ENGLISH PLAY, ITALIAN OPERA, SCOTS-AMERICAN PRODUCTION
The first performance I reviewed of Giuseppe Verdi’s Macbeth was simply terrible, so it was a delight to hear this new production at Lyric. But almost any opera would have been delightful after a pandemic hiatus of eighteen months. Mandatory masking did not fail to dampen the opening night audience’s enthusiasm and exhilaration. Yet, despite the reduction in seating due to the replacement of the older, cramped seats with newer, larger, more comfortable ones, empty seats remained.
Conductor Enrique Mazzola was finally able to stand behind the podium as Lyric’s new music director, succeeding Sir Andrew Davies. His conducting of the opera’s 1865 Paris version was spirited and sensitive. Although Verdi’s revised version of his own 1847 original is less commonly performed, it is baffling to this reviewer why the ballet segments weren’t performed, since that was kind of the whole point of the Paris version.
Since it can be jarring to hear Shakespeare’s Macbeth — frequently referred to as “the Scottish play” — adapted, composed and conducted by Italians, Lyric’s production team includes two Scots: director Sir David McVicar and set designer John MacFarlane. Both are well-known to Lyric audiences, McVicar most recently directing Strauss’s Elektra (2018/19) and MacFarlane designing the set of Tchaikovsky’s The Queen of Spades (2019/20). Both tend to gravitate towards dark and dangerous material — and Macbeth is no exception. Replete with witches, murder, and madness, Macbeth offers plenty of fodder for the imaginative director. McVicar has no qualms, for example, about adding supernumerary roles, such as King Duncan and three demon-like children.

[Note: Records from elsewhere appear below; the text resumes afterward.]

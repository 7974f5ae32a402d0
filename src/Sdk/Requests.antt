-- ===== src/Sdk/Requests.antt =====
-- The requests that lib.ts makes of an auth server.
use plissken.Base.{Text, codes, Option, none, some, [], ◌++◌, ◌==◌, if◌then◌else◌}
use plissken.Json.Print.{decimal}
use plissken.Js.Process.{
  Engine, Process, Result, Thrown, error, text, HttpResponse, response_of, get, post, ended, done,
  throws, sends, try_catch, ◌>>=◌,
}
use plissken.Js.Template.{template, thrown_by}
use plissken.Sdk.Classes.{
  OprfServerEvaluation, OprfRequestResult, StartPasswordAuthenticationData,
  PasswordRegistrationData, FinalizePasswordAutheticationData, new_server_evaluation,
  new_start_data, request_json, registration_json, finalize_json,
}

module _ (js : Engine) where
  -- `${route} route returned ${what}: ${status}: ${data}`.
  unfoldable pub bad_response : Text → Text → HttpResponse → Result Text
  bad_response route what r =
      template js
        (route ++ codes " route returned " ++ what ++ codes ": " ++ decimal r.status ++ codes ": ")
        r.body

  abbrev pub bad_status : Text → HttpResponse → Result Text
  bad_status route r = bad_response route (codes "bad status code") r

  -- What the `catch` of `start_password_reg` throws.
  unfoldable pub rethrown : Thrown → Option HttpResponse → Thrown
  rethrown e none = e
  rethrown e (some r) =
      thrown_by error (bad_response (codes "/start_password_registration") (codes "bad response") r)

  unfoldable pub check_endpoint_health : Text → Process (Unit {0})
  check_endpoint_health endpoint = do
    response ← sends (get (endpoint ++ codes "/health") [])
    if response.status == 200
        then done tt
        else throws (thrown_by error (bad_status (codes "/health") response))

  -- `start_password_auth_with_plissken_server`.
  unfoldable pub start_password_auth :
      Text → OprfRequestResult → Process StartPasswordAuthenticationData
  start_password_auth endpoint oprf_request_result = do
    response ← sends (
        post (endpoint ++ codes "/start_password_authentication")
          (js.stringify (request_json oprf_request_result)))
    if response.status == 200
        then ended (new_start_data js response.body)
        else throws (thrown_by error (bad_status (codes "/start_password_authentication") response))

  -- `finalize_password_auth_with_plissken_server`.
  unfoldable pub finalize_password_auth :
      Text → FinalizePasswordAutheticationData → Process (Unit {0})
  finalize_password_auth endpoint fin_pass_auth_data = do
    response ← sends (
        post (endpoint ++ codes "/finalize_password_authentication")
          (js.stringify (finalize_json fin_pass_auth_data)))
    if response.status == 200
        then done tt
        else throws
            (thrown_by error (bad_status (codes "/finalize_password_authentication") response))

  -- `start_password_reg_with_plissken_server`: no test of the status here.
  unfoldable pub start_password_reg : Text → OprfRequestResult → Process OprfServerEvaluation
  start_password_reg endpoint oprf_request_result =
      try_catch
        (do
          response ← sends (
              post (endpoint ++ codes "/start_password_registration")
                (js.stringify (request_json oprf_request_result)))
          ended (new_server_evaluation js response.body))
        (λ e. throws (rethrown e (response_of e)))

  -- `finalize_password_reg_with_plissken_server`: a bare text is thrown here.
  unfoldable pub finalize_password_reg : Text → PasswordRegistrationData → Process (Unit {0})
  finalize_password_reg endpoint password_reg_data = do
    response ← sends (
        post (endpoint ++ codes "/finalize_password_registration")
          (js.stringify (registration_json password_reg_data)))
    if response.status == 200
        then done tt
        else throws (thrown_by text (bad_status (codes "/finalize_password_registration") response))
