-- ===== src/Sdk/Protocol.antt =====
-- `run_password_auth` and `run_password_reg`, the two calls of the Go bindings and of the auth server
-- that an authentication and a registration are.
use plissken.Base.{Text, codes, ◌++◌}
use plissken.Js.Process.{
  Engine, Process, make_oprf_request, finalize_password_registration,
  finalize_password_authentication, log, ended, done, calls, prints, ◌>>=◌, ◌>>◌,
}
use plissken.Sdk.Classes.{
  new_request_result, new_registration_data, request_json, start_data_json, evaluation_json,
}
use plissken.Sdk.Requests.{
  start_password_auth, finalize_password_auth, start_password_reg, finalize_password_reg,
}

-- `ping`.
unfoldable pub ping : Text
ping = codes "pong"

module _ (js : Engine) where
  unfoldable pub run_password_auth :
      (apptoken username password server_pub_key endpoint : Text) → Process Text
  run_password_auth apptoken username password server_pub_key endpoint = do
    prints (log (codes "Making password authentication request with password: " ++ password))
    made ← calls (make_oprf_request apptoken username password)
    document ← ended (js.parse made)
    oprf_request_result ← ended (new_request_result js document)
    start_password_auth_data ← start_password_auth js endpoint oprf_request_result
    session_token ← calls (
        finalize_password_authentication username (js.stringify (request_json oprf_request_result))
          (js.stringify (start_data_json start_password_auth_data)) server_pub_key)
    finalize_password_auth js endpoint
        (record { apptoken = apptoken; username = username; session_token = session_token })
    prints (log (codes "session_token: " ++ session_token))
    done session_token

  unfoldable pub run_password_reg :
      (apptoken username password server_pub_key endpoint : Text) → Process (Unit {0})
  run_password_reg apptoken username password server_pub_key endpoint = do
    prints (log (codes "Making password registration request with password: " ++ password))
    made ← calls (make_oprf_request apptoken username password)
    document ← ended (js.parse made)
    oprf_request_result ← ended (new_request_result js document)
    oprf_server_eval ← start_password_reg js endpoint oprf_request_result
    finalized ← calls (
        finalize_password_registration apptoken username
          (js.stringify (request_json oprf_request_result))
          (js.stringify (evaluation_json oprf_server_eval)) server_pub_key)
    registration ← ended (js.parse finalized)
    password_reg_data ← ended (new_registration_data js registration)
    finalize_password_reg js endpoint password_reg_data
    prints (log (codes "Password registration successful"))
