-- ===== src/Sdk/Replies.antt =====
-- What each request of lib.ts has seen when it returns.
use plissken.Base.{◌≡◌, refl, true, Text, codes, List, [], ◌∷◌, ◌++◌, ◌==◌, ==_iff}
use plissken.Js.Process.{
  Engine, Result, ok, throw, HttpResponse, Request, get, post, throws, recover, Thrown, response_of,
}
use plissken.Js.Run.{Event, sent}
use plissken.Js.Ensures.{Ensures, Returns, on_send, on_test}
use plissken.Sdk.Classes.{
  OprfRequestResult, PasswordRegistrationData, FinalizePasswordAutheticationData,
  new_server_evaluation, new_start_data, request_json, registration_json, finalize_json,
}
use plissken.Sdk.Requests.{
  check_endpoint_health, start_password_auth, finalize_password_auth, start_password_reg,
  finalize_password_reg, rethrown,
}

-- One request has been sent after the events `before`, and answered with status 200.
pub record IsAccepted (q : Request) (before es : List Event) : Type 0 where
  pub response : HttpResponse
  pub status : response.status ≡ 200
  pub events : es ≡ before ++ sent q (ok response) ∷ []

-- The same, and the body of the answer has been read as `d`.
pub record IsRead {A : Type 0} (q : Request) (read : HttpResponse → Result A) (d : A)
    (before es : List Event) : Type 0 where
  pub accepted : IsAccepted q before es
  pub body : read accepted.response ≡ ok d

accepted :
    (q : Request) (before : List Event) (r : HttpResponse)
    → (r.status == 200) ≡ true
    → IsAccepted q before (before ++ sent q (ok r) ∷ [])
accepted q before r same = record { response = r; status = (==_iff _ _).0 same; events = refl }

-- The answer of the registration's first route may have any status that axios does not throw.
pub record IsAnswered {A : Type 0} (q : Request) (read : HttpResponse → Result A) (d : A)
    (before es : List Event) : Type 0 where
  pub response : HttpResponse
  pub body : read response ≡ ok d
  pub events : es ≡ before ++ sent q (ok response) ∷ []

pub check_endpoint_health-IsAccepted :
    (js : Engine) (endpoint : Text) (es : List Event)
    → Ensures
        (Returns (λ t _. IsAccepted (get (endpoint ++ codes "/health") []) es t))
        es
        (check_endpoint_health js endpoint)
unfolding check_endpoint_health
check_endpoint_health-IsAccepted js endpoint es =
    on_send _ _ _ _ λ response. on_test _ _ _ _ _ (λ same. accepted _ es response same) (λ _. tt)

module _ (js : Engine) (endpoint : Text) (es : List Event) where
  Returns-IsRead :
      {A : Type 0} (q : Request) (read : HttpResponse → Result A) (response : HttpResponse)
      → (response.status == 200) ≡ true
      → (r : Result A) → read response ≡ r
      → Returns (λ t a. IsRead q read a es t) (es ++ sent q (ok response) ∷ []) r
  unfolding accepted
  Returns-IsRead q read response same (ok a) e = record {
    accepted = accepted q es response same;
    body = e;
  }
  Returns-IsRead q read response same (throw x) e = tt

  pub start_password_auth-IsRead :
      (d : OprfRequestResult)
      → Ensures
          (Returns λ t a.
            IsRead
              (post
                (endpoint ++ codes "/start_password_authentication")
                (js.stringify (request_json d)))
              (λ r. new_start_data js r.body)
              a
              es
              t)
          es
          (start_password_auth js endpoint d)
  unfolding start_password_auth
  start_password_auth-IsRead d = on_send _ _ _ _ λ response.
      on_test _ _ _ _ _
        (λ same. Returns-IsRead _ (λ r. new_start_data js r.body) response same _ refl) (λ _. tt)

  pub finalize_password_auth-IsAccepted :
      (d : FinalizePasswordAutheticationData)
      → Ensures
          (Returns λ t _.
            IsAccepted
              (post
                (endpoint ++ codes "/finalize_password_authentication")
                (js.stringify (finalize_json d)))
              es
              t)
          es
          (finalize_password_auth js endpoint d)
  unfolding finalize_password_auth
  finalize_password_auth-IsAccepted d =
      on_send _ _ _ _ λ response. on_test _ _ _ _ _ (λ same. accepted _ es response same) (λ _. tt)

  pub finalize_password_reg-IsAccepted :
      (d : PasswordRegistrationData)
      → Ensures
          (Returns λ t _.
            IsAccepted
              (post
                (endpoint ++ codes "/finalize_password_registration")
                (js.stringify (registration_json d)))
              es
              t)
          es
          (finalize_password_reg js endpoint d)
  unfolding finalize_password_reg
  finalize_password_reg-IsAccepted d =
      on_send _ _ _ _ λ response. on_test _ _ _ _ _ (λ same. accepted _ es response same) (λ _. tt)

  answered :
      {A : Type 0} (q : Request) (read : HttpResponse → Result A) (h : Thrown → Thrown)
      (response : HttpResponse) (r : Result A)
      → read response ≡ r
      → Ensures
          (Returns (λ t a. IsAnswered q read a es t))
          (es ++ sent q (ok response) ∷ [])
          (recover r (λ e. throws (h e)))
  answered q read h response (ok a) e = record { response = response; body = e; events = refl }
  answered q read h response (throw x) e = tt

  pub start_password_reg-IsAnswered :
      (d : OprfRequestResult)
      → Ensures
          (Returns λ t a.
            IsAnswered
              (post
                (endpoint ++ codes "/start_password_registration")
                (js.stringify (request_json d)))
              (λ r. new_server_evaluation js r.body)
              a
              es
              t)
          es
          (start_password_reg js endpoint d)
  unfolding start_password_reg
  start_password_reg-IsAnswered d (ok response) =
      answered _ (λ r. new_server_evaluation js r.body) (λ e. rethrown js e (response_of e))
        response _ refl
  start_password_reg-IsAnswered d (throw e) = tt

Gone are the castles and cloaks of the Middle Ages. Instead, McVicar has set the action in the nineteenth century, when the operatic version was created. Despite the Catholic tone of both Shakespeare’s play and Verdi’s opera, the setting is a ruined Presbyterian church. MacFarlane adapts it as needed, from a witch’s covenstead to a royal banqueting hall. Yet, what should have been a simple design made for some extended set changes, such as when much of the audience got up to leave during the transition from Act One to Act Two, though the only intermission follows Act Two.
Perhaps the pandemic has made international casting difficult; Lyric’s cast comprises only Americans and members of its own Ryan Opera Center. The outstanding and beloved soprano Sondra Radvanovsky plays Lady Macbeth, easily showing off her technicality and strong, clear voice, while Ryan Opera Center alumnus Christian Van Horn brings his rich, sonorous bass-baritone to the role of Banquo. Tenors Joshua Guerrero and Matthew Vickers both make fine Lyric debuts as Macduff and Malcolm, respectively, lifting the tone of the opera’s second half to something rather more heroic. Unfortunately, Craig Colclough’s Lyric debut as the title character, is underwhelming; it justly took the audience some time to warm up to him, and perhaps he to it. Colclough received only hesitant applause for his Act Three aria, but an enthusiastic applause for his emotionally rendered Act Four aria ’˜Pietà , rispetto, amore.’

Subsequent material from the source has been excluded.